Quarterly Outlook
Macro Outlook: The US rate cut cycle has begun
Peter Garnry
Chief Investment Strategist
Head of Fixed Income Strategy
Summary: Market expectations of a 150 basis points BOE rate hike are not as aggressive as they seem. The real BOE base rate should be positive to tighten the economy, but it is in deeply negative territory. By hiking rates by 150bps, the BOE will only be able to bring the real rate into positive territory if price pressures decrease gradually. That means that the central bank might need to be even more aggressive than forecasted by traders if inflation remains elevated. Thus, we continue to stay cautious, favoring short-duration high-quality bonds.
Markets expect the BOE to hike rates by another 150bps through the first quarter of 2024, forecasting the benchmark rate to peak at 6.5%. Is that farfetched?
I don't think so. The real BOE base rate (the difference between the BOE benchmark rate and inflation) is deeply negative. At -200bps, it's at the bottom of the range it was trading pre-Covid when the central bank was trying to stimulate the economy. The real benchmark rate needs to be in positive territory to fight inflation and tighten the economy efficiently. Therefore, either the BOE needs to hike by 200bps, or it can hike less, hoping that inflation will gradually decline, pushing the real benchmark rate into positive territory. However, the direction is clear: the central bank must be more aggressive than its peers.
As the Financial Times rightly pointed out, long-term real yields recently turned positive. Positive and elevated real yields are mirroring tighter financial conditions. However, are they high enough to affect the economy right now? Probably not.
Real rates are nominal rates minus the breakeven rate. The breakeven rate tells us where inflation will be some years into the future. Let's take the 5-year UK breakeven rate as an example, now trading at 3.99%. Although consumers might disregard where inflation expectations are in five-year times, they know where inflation was in May: 8.7%. Therefore, as they take on a 5-year loan today, they are paying a negative real rate on their loan. Although this point is arguable, it's fair to say that consumers are generally interested in the convenience of taking on debt today, not in a few years, based on market expectations.
That means if the BOE wants to be restrictive, it needs much higher real rates across the whole yield curve, which implies aggressive monetary policies for longer.
Gilt yields have room to move higher and the yield curve to continue to invert as bond futures price more interest rate hikes.
The UK 2-year swap remains elevated, suggesting that 2-year Gilt yields remain compressed despite soaring by 20bps this week. The potential is for them to rise to 6% ahead of the August 3rd BOE meeting, especially as the FED prepares to deliver another rate hike.
Ten-year Gilt yields have also the potential to rise to 5.25%, the 2008 peak level.
The difference between 2- and 10-year on-the-run Gilts
The on-the-run 10-year Gilt (GB00BMV7TC88) offers a yield of 4.65% and pays a semiannual coupon of 3.25%.
If you buy it today and decide to sell it in a year, you will lose -1% if the yields rise to 5.25%. Otherwise, you will gain 9% if yields drop to 4%. If you decide not to sell it, you will receive a coupon of 3.25% every year.
When interest rates rise, the risk-reward tradeoff is more appealing in short-term government bonds. The on-the-run 2-year Gilt (GB00BK5CVX03) offers a yield of 5.4% and pays a coupon of 0.625%. If you buy it today and decide to sell it in a year, you will lose -0.1% if yields rise to 6%, and you will gain 2.13% if yields drop to 4.8%. Suppose you hold the bond until you receive 0.625% every year.
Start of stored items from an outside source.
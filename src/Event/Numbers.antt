-- ===== src/Event/Numbers.antt =====
-- The number attributes of events (ext/raygun/raygun_event.c).
use raygun_apm_ruby.Base.{ℕ, ◌^◌, ◌<◌, ◌≡◌, some, true, false, Bool, pos}
use raygun_apm_ruby.Protocol.{Event}
use raygun_apm_ruby.Event.Slots.{
  Attribute, id_pid, id_tid, id_timestamp, id_parent_tid, id_frequency, id_function_id,
  id_method_source, id_status, id_duration, integer, Ruby,
}

-- What Ruby documents of its conversions, for integers that the C type holds.
pub record Converts (r : Ruby) : Type 0 where
  pub ull : (n : ℕ) → n < 2 ^ 64 → r.num2ull (integer (pos n)) ≡ some n
  pub ll : (n : ℕ) → n < 2 ^ 63 → r.num2ll (integer (pos n)) ≡ some n
  pub uint : (n : ℕ) → n < 2 ^ 32 → r.num2uint (integer (pos n)) ≡ some n
  pub ushort : (n : ℕ) → n < 2 ^ 16 → r.num2ushort (integer (pos n)) ≡ some n

-- The bound of an attribute's type, of its positive part where that is signed.
abbrev pub bound : Attribute → ℕ
bound id_pid = 2 ^ 32
bound id_tid = 2 ^ 32
bound id_timestamp = 2 ^ 63
bound id_parent_tid = 2 ^ 32
bound id_frequency = 2 ^ 63
bound id_duration = 2 ^ 63
bound id_function_id = 2 ^ 32
bound id_method_source = 2 ^ 8
bound id_status = 2 ^ 16
bound _ = 2 ^ 64

-- The numbers that every event has, outside of the union.
abbrev pub is_common : Attribute → Bool
is_common id_pid = true
is_common id_tid = true
is_common id_timestamp = true
is_common _ = false
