-- ===== src/Event/Tests.antt =====
-- Events of ext/raygun/raygun_event.c and strings of ext/raygun/raygun_coercion.c on concrete values.
use raygun_apm_ruby.Base.{
  inl, ℕ, ◌+◌, ◌^◌, ◌≡◌, refl, arith, List, [], ◌∷◌, Option, none, some, pos, negsuc, ltb,
  if◌then◌else◌, take, replicate, length-replicate,
}
use raygun_apm_ruby.Protocol.{
  EncodedString, EncodedShortString, VariableInfo, vt_void, Event, Sql, HttpIn, sql, thread_started,
  EventData,
}
use raygun_apm_ruby.Protocol.Valid.{IsString}
use raygun_apm_ruby.Encoder.Size.{rg_encode_size, value_size}
use raygun_apm_ruby.Encoder.Wire.{command_bytes}
use raygun_apm_ruby.Coercion.Strings.{rb_rg_encode_string, rb_rg_encode_short_string}
use raygun_apm_ruby.Coercion.Truncation.{Stored, StoredShort, encode_strings-Stored}
use raygun_apm_ruby.Coercion.Variables.{rb_rg_vt_coerce_fixnum}
use raygun_apm_ruby.Coercion.Lossless.{number, coerce_fixnum-number}
use raygun_apm_ruby.Event.Slots.{id_query, Value, integer, chars, Ruby, string_member}
use raygun_apm_ruby.Event.Attributes.{done, rb_rg_event_aset, rb_rg_event_aref}
use raygun_apm_ruby.Event.Encoded.{
  rb_rg_event_encoded, copied_raw, event_encoded-command, thread_started_encoded-image,
}
use raygun_apm_ruby.Event.RoundTrip.{aset-aref_string}

abbrev below : ℕ → Value → Option ℕ
below limit (integer (pos n)) = if ltb n limit then some n else none
below limit _ = none

-- Conversions that take natural numbers only, and strings that are in their encoding already.
abbrev ruby : Ruby
ruby = record {
  num2ull = below (2 ^ 64);
  num2ll = below (2 ^ 63);
  num2uint = below (2 ^ 32);
  num2ushort = below (2 ^ 16);
  transcode = λ encoding cs. cs;
}

abbrev unset : EncodedString
unset = record { encoding = 0; length = 0; string = replicate 4096 0 }

abbrev unset_verb : EncodedShortString
unset_verb = record { encoding = 0; length = 0; string = replicate 255 0 }

abbrev event_of : EventData → ℕ → Event
event_of d n = record { length = n; pid = 7; tid = 3; timestamp = 0; payload = d }

abbrev a_query : Sql
a_query = record { provider = unset; host = unset; database = unset; query = unset; duration = 0 }

abbrev a_request : HttpIn
a_request = record { url = unset; verb = unset_verb; status = 0; duration = 0 }

abbrev select : List ℕ
select = 83 ∷ 69 ∷ 76 ∷ []

aset-aref_string_example :
    (e' : Event) × (rb_rg_event_aset ruby (event_of (sql a_query) 0) id_query (chars select)
      ≡ done e')
    × (rb_rg_event_aref e' id_query ≡ done (chars (take 4096 select)))
    × (e'.length ≡ rg_encode_size e'.payload)
unfolding string_member
aset-aref_string_example =
    aset-aref_string ruby (event_of (sql a_query) 0) id_query select
      (inl (unset, refl, length-replicate {A = ℕ} 4096 0))

unset-IsString : IsString unset
unset-IsString = record {
  in_array = omega (arith, length-replicate {A = ℕ} 4096 0);
  array = omega (arith, length-replicate {A = ℕ} 4096 0);
}

-- The struct in memory, all zeros.
abbrev zeros : Event → List ℕ
zeros e = replicate 200 0

event_encoded-command_example :
    rb_rg_event_encoded zeros (event_of (sql a_query) 39) (replicate 39 0)
    ≡ some (command_bytes (event_of (sql a_query) 39))
unfolding copied_raw rg_encode_size
event_encoded-command_example =
    event_encoded-command zeros (event_of (sql a_query) 39) (replicate 39 0)
      (unset-IsString, unset-IsString, unset-IsString, unset-IsString) (λ e. cc) refl refl refl

thread_started_encoded-image_example :
    rb_rg_event_encoded zeros
      (event_of (thread_started (record { parent_tid = 1 })) 23)
      (replicate 23 0)
    ≡ some (take 23 (zeros (event_of (thread_started (record { parent_tid = 1 })) 23)))
thread_started_encoded-image_example =
    thread_started_encoded-image zeros (event_of (thread_started (record { parent_tid = 1 })) 23)
      (record { parent_tid = 1 }) (replicate 23 0) refl refl refl (omega arith)

encode_strings-Stored_example :
    ((s' : EncodedString) × (rb_rg_encode_string (λ encoding cs. cs) unset (some select) ≡ some s')
      × Stored 0 (take 4096 select) s')
    × ((t' : EncodedShortString) × (rb_rg_encode_short_string
            (λ encoding cs. cs)
            unset_verb
            (some select)
          ≡ some t')
        × StoredShort 0 (take 127 select) t')
encode_strings-Stored_example =
    encode_strings-Stored (λ encoding cs. cs) select unset unset_verb
      (length-replicate {A = ℕ} 4096 0) (length-replicate {A = ℕ} 255 0)

abbrev a_variable : VariableInfo
a_variable = record { length = 0; name_length = 0; name = replicate 200 0; value = vt_void }

coerce_fixnum-number_example :
    (v : VariableInfo) × (rb_rg_vt_coerce_fixnum a_variable none (negsuc 40000) ≡ some v)
    × (number v.value ≡ some (negsuc 40000))
    × (v.length ≡ 2 + v.name_length + value_size v.value)
coerce_fixnum-number_example =
    coerce_fixnum-number a_variable (negsuc 40000) (omega arith) (omega arith)
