-- ===== src/Sink.antt =====
-- The sinks (ext/raygun/raygun_tracer.c): commands are packed into batches of the size of a UDP
-- packet, and batches go through a ring buffer to the dispatcher thread.
pub mod Bipbuf
pub mod Batch
pub mod Batched
pub mod Spec
pub mod Conserve
pub mod Represents
pub mod Sends
pub mod Refine
pub mod Run
pub mod Tests
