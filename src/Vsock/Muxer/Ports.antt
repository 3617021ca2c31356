-- ===== src/Vsock/Muxer/Ports.antt =====
-- The host-side ports of `VsockMuxer`, src/devices/src/virtio/vsock/unix/muxer.rs.
use firecracker.Base.{
  ℕ, zero, suc, ◌+◌, ◌-◌, ◌^◌, bit_and, bit_or, Bool, Option, none, some, List, [], ◌∷◌, ◌++◌,
  length, ◌==◌, if◌then◌else◌, u32,
}
use firecracker.Vsock.Muxer.{Host, VsockMuxer, has_port}
pub mod Fresh

-- The number after a port, with bit 31 cleared and bit 30 set.
unfoldable pub port_after : ℕ → ℕ
port_after last = bit_or (bit_and (u32 (last + 1)) (2 ^ 32 - 1 - 2 ^ 31)) (2 ^ 30)

-- The loop of `allocate_local_port`: the fuel counts its rounds.
unfoldable pub find_port : ℕ → ℕ → List ℕ → Option ℕ
find_port zero last used = none
find_port (suc fuel) last used =
    let port = port_after last in
    let rest = find_port fuel port used in if has_port port used then rest else some port

-- A round for each port that is used, and one more.
unfoldable pub allocated : {S W : Type 0} → VsockMuxer S W → Option ℕ → Option (ℕ × VsockMuxer S W)
allocated mx none = none
allocated mx (some port) =
    some (port, record mx { local_port_last = port; local_port_set = port ∷ mx.local_port_set })

unfoldable pub allocate_local_port : {S W : Type 0} → VsockMuxer S W → Option (ℕ × VsockMuxer S W)
allocate_local_port mx =
    allocated mx (find_port (suc (length mx.local_port_set)) mx.local_port_last mx.local_port_set)

unfoldable pub last_byte : List ℕ → ℕ
last_byte [] = 0
last_byte (x ∷ []) = x
last_byte (x ∷ y ∷ ys) = last_byte (y ∷ ys)

module _ {S W : Type 0} (io : Host S W) where
  unfoldable pub read_next :
      (List ℕ → S → Option (List ℕ) × S) → List ℕ → Option (List ℕ) × S → Option (List ℕ) × S
  read_next again bytes (none, s) = (none, s)
  read_next again bytes (some more, s) = again (bytes ++ more) s

  -- What is read one byte at a time, up to the end of the line or of the buffer.
  unfoldable pub read_line : ℕ → List ℕ → S → Option (List ℕ) × S
  read_line zero bytes s = (some bytes, s)
  read_line (suc room) bytes s =
      if last_byte bytes == b'\n'
      then (some bytes, s)
      else read_next (read_line room) bytes (io.read_exact 1 s)

  -- The second word, where the first is `connect`.
  unfoldable pub port_of_words : Option (List (List ℕ)) → Option ℕ
  port_of_words none = none
  port_of_words (some []) = none
  port_of_words (some (word ∷ [])) = none
  port_of_words (some (word ∷ port ∷ rest)) = if io.is_connect word then io.parse_u32 port else none

  unfoldable pub port_of_line : Option (List ℕ) × S → Option ℕ × S
  port_of_line (none, s) = (none, s)
  port_of_line (some line, s) = (port_of_words (io.words line), s)

  -- The buffer has 32 bytes, of which 10 are read at first.
  unfoldable pub read_local_stream_port : S → Option ℕ × S
  read_local_stream_port s = port_of_line (read_next (read_line (32 - 10)) [] (io.read_exact 10 s))
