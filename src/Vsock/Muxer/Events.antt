-- ===== src/Vsock/Muxer/Events.antt =====
-- `VsockMuxer::handle_event`, src/devices/src/virtio/vsock/unix/muxer.rs.
use firecracker.Base.{
  ℕ, Bool, true, false, Option, none, some, List, [], ◌∷◌, length, ◌==◌, if◌then◌else◌,
}
use firecracker.Base.Maps.{get, nat_eq}
use firecracker.Vsock.Connection.{VsockConnection, new_local_init}
use firecracker.Vsock.Connection.Notify
use firecracker.Vsock.Connection.Notify.{EventSet}
use firecracker.Vsock.Muxer.{
  EpollListener, connection, host_sock, local_stream, Host, VsockMuxer, max_connections,
  add_listener, remove_listener,
}
use firecracker.Vsock.Muxer.Ports.{allocate_local_port, read_local_stream_port}
use firecracker.Vsock.Muxer.Mutation.{apply_conn_mutation}
use firecracker.Vsock.Muxer.Sweep.{add_connection}
use firecracker.Vsock.Muxer.Channel.{host_cid}

module _ {S : Type 0} where
  -- Whether `notify` has returned.
  unfoldable pub notified :
      VsockConnection S → Option (VsockConnection S) → Bool × VsockConnection S
  notified c none = (false, c)
  notified c (some c') = (true, c')

module _ {S W : Type 0} where
  unfoldable pub unless_panic : Option Bool × VsockMuxer S W → Option (VsockMuxer S W)
  unless_panic (none, mx) = some mx
  unless_panic (some true, mx) = some mx
  unless_panic (some false, mx) = none

  -- An error of a connection that is added is only logged.
  unfoldable pub ignored : Option (Bool × VsockMuxer S W) → Option (VsockMuxer S W)
  ignored none = none
  ignored (some (added, mx)) = some mx

  unfoldable pub and_then :
      (VsockMuxer S W → Option (VsockMuxer S W)) → Option (VsockMuxer S W) → Option (VsockMuxer S W)
  and_then next none = none
  and_then next (some mx) = next mx

module _ {S W : Type 0} (io : Host S W) (now : ℕ) where
  unfoldable pub conn_notify : EventSet → VsockConnection S → Bool × VsockConnection S
  conn_notify evset c = notified c (Notify.notify io.sink evset c)

  unfoldable pub accepted : VsockMuxer S W → Option S → VsockMuxer S W
  accepted mx none = mx
  accepted mx (some stream) = (add_listener io (io.raw_fd stream) (local_stream stream) mx).1

  unfoldable pub accept_host : VsockMuxer S W → VsockMuxer S W
  accept_host mx =
      let (stream, w) = io.accept mx.host in
      let mx' = record mx { host = w } in
      if length mx.conn_map == max_connections then mx' else accepted mx' stream

  unfoldable pub port_allocated : ℕ → S → Option (ℕ × VsockMuxer S W) → Option (VsockMuxer S W)
  port_allocated peer_port stream none = none
  port_allocated peer_port stream (some (local_port, mx)) = ignored (
      add_connection now io (record { local_port = local_port; peer_port = peer_port })
        (new_local_init stream host_cid mx.cid local_port peer_port) mx)

  unfoldable pub port_read : VsockMuxer S W → Option ℕ × S → Option (VsockMuxer S W)
  port_read mx (none, stream) = some mx
  port_read mx (some peer_port, stream) = port_allocated peer_port stream (allocate_local_port mx)

  unfoldable pub stream_removed :
      Option (EpollListener S) × VsockMuxer S W → Option (VsockMuxer S W)
  stream_removed (some (local_stream stream), mx) = port_read mx (read_local_stream_port io stream)
  stream_removed (some (connection key evset), mx) = some mx
  stream_removed (some host_sock, mx) = some mx
  stream_removed (none, mx) = some mx

  -- `none` is a panic, or a loop for which no fuel is left.
  unfoldable pub handle_listener :
      ℕ → EventSet → VsockMuxer S W → Option (EpollListener S) → Option (VsockMuxer S W)
  handle_listener fd evset mx (some (connection key listed)) =
      unless_panic (apply_conn_mutation io now key (conn_notify evset) mx)
  handle_listener fd evset mx (some host_sock) = some (accept_host mx)
  handle_listener fd evset mx (some (local_stream s)) = stream_removed (remove_listener io fd mx)
  handle_listener fd evset mx none = some mx

  unfoldable pub handle_event : ℕ → EventSet → VsockMuxer S W → Option (VsockMuxer S W)
  handle_event fd evset mx = handle_listener fd evset mx (get fd mx.listener_map)

  -- The time stands still while the events are handled.
  unfoldable pub handle_events : List (ℕ × EventSet) → VsockMuxer S W → Option (VsockMuxer S W)
  handle_events [] mx = some mx
  handle_events ((fd, evset) ∷ evs) mx = and_then (handle_events evs) (handle_event fd evset mx)

  unfoldable pub handle_waited :
      VsockMuxer S W → Option (List (ℕ × EventSet)) → Option (VsockMuxer S W)
  handle_waited mx none = some mx
  handle_waited mx (some evs) = handle_events evs mx

  unfoldable pub notify : VsockMuxer S W → Option (VsockMuxer S W)
  notify mx = let (evs, w) = io.wait mx.host in handle_waited (record mx { host = w }) evs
From the example above, the bigger coupon on the 10-year Gilt decreases the bond's convexity, making it less sensitive to interest rate rises. However, the short duration of the 2-year note creates a nice buffer to losses despite the lower coupon.
Are deeply discounted 40-year Gilts a good idea?
The way taxation works in the UK makes it more convenient for bond investors to hold bonds with the minimum coupon and the biggest capital gain to benefit from capital gain exemptions and avoid income taxes. That naturally leads UK residents to pick bonds with the maximum convexity. However, are they a good idea?
The Gilt with 2061 maturity (GB00BMBL1D50) pays a coupon of 0.5% and trades at 30 cents on the dollar. If kept until maturity, it will provide an annualized return of 4.2%. Yet, if you need to sell it in one year and the yield moved by 50bps, you will face a loss or gain of roughly 15%.
While it may be true that rates might decline at a certain point in the future, we cannot be certain at which level they might stabilize. The big problem with holding such an instrument is the loss of opportunity. By now, if you were invested in such an instrument, you would have lost the opportunity to buy much less risky and higher-yielding securities. The problem multiplies as rates continue to soar.